For "why transcoding was actively failing today, on the K620 path": the gpu-watchdog journal showing total failures: 99 cycling through soft-recovery attempts, paired with the user-visible FFmpeg exited with code 143 (SIGTERM = 128 + 15). The watchdog was the agent of failure, not the GPU.

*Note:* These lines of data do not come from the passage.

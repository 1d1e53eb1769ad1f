-- ===== src/Prelude/Text/Bytes.antt =====
-- Go's `len` and `s[:n]`, which count the bytes of a text's UTF-8 form.
use Prim.Native.Nat.{ℕ, zero, suc, ◌+◌}
use Prim.Native.Char.{code}
use Prim.Native.String.{String}
use secure_dev.Prelude.Tests.{ltb, if◌then◌else◌}

-- Bytes of the UTF-8 form.
unfoldable pub char_bytes : ℕ → ℕ
char_bytes n = if ltb n 128 then 1 else if ltb n 2048 then 2 else if ltb n 65536 then 3 else 4

unfoldable pub byte_length : String → ℕ
byte_length String.[] = 0
byte_length (String.◌∷◌ c s) = char_bytes (code c) + byte_length s

-- `slug[:n]` of a text whose characters are one byte each.
unfoldable pub first_bytes : ℕ → String → String
first_bytes zero s = ""
first_bytes (suc n) String.[] = ""
first_bytes (suc n) (String.◌∷◌ c s) = String.◌∷◌ c (first_bytes n s)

Bonus surprise: the HA-driven start launching QEMU without any -device vfio-pci flags despite the config and qm showcmd both saying it should. tr "\0" "\n" < /proc/<pid>/cmdline | grep -c vfio-pci = 0 is a clean one-line test for that condition. A plain qm stop && qm start worked around it.

Patterns worth keeping

  • The pcie reset taxonomy is real. Before chasing soft recoveries, read /sys/bus/pci/devices/<bridge>/reset_method. If it only has pm, the kernel cannot do anything beyond power-cycling D-states, and that is exactly the path that just failed. Cold boot the host.
  • A watchdog tuned for one card model is hostile on a different model. The K620 fallback path was not even broken in itself, it was being killed every 60s by recovery logic written for a different card. Gate destructive recovery on actual hardware identity.
  • qm migrate refuses hostpci VMs; the failover hookscript expects to add hostpci at start time. Strip the lines from the config file directly with sed, do not use qm set (it deadlocks against the hookscript's own config lock).
  • HA on a hostpci VM has a cmdline-cache quirk. If a guest comes up after HA-driven migration and reports no GPU, tr "\0" "\n" < /proc/<qemu_pid>/cmdline | grep -c vfio-pci. If it returns 0, plain qm stop && qm start fixes it.
  • ICMP is not a liveness check for the jellyfin VM. Ping fails (UFW), but TCP and HTTP work fine. curl http://192.168.1.170:8096/health is the right probe.
  • nvidia-smi must always be wrapped with timeout. A hung GPU hangs nvidia-smi indefinitely otherwise, and anything that calls it becomes a wedge in the recovery path.

Open follow-ups

  • The HA-cached-cmdline quirk is captured but not investigated. A guard would be a post-start hookscript that diffs qm showcmd <vmid> against /proc/<pid>/cmdline and screams if hostpci is missing.
  • The K620 passive-mode change was deployed and the active-path is verified live, but the passive path itself was code-reviewed rather than exercised. Live test deferred because it requires another forced HA failover.
  • If pcie_aspm=off alone does not hold the card under sustained load, the next escalation is vfio-pci disable_idle_d3=1 as a module option. The structural fix is a workstation-class card with proper FLR.
  • The K8s-flavored runbooks/jellyfin-transcoding-ffmpeg.md page is stale. Jellyfin moved to a VM in March. That page should be re-aimed at the native-on-VM install or split into a separate runbook.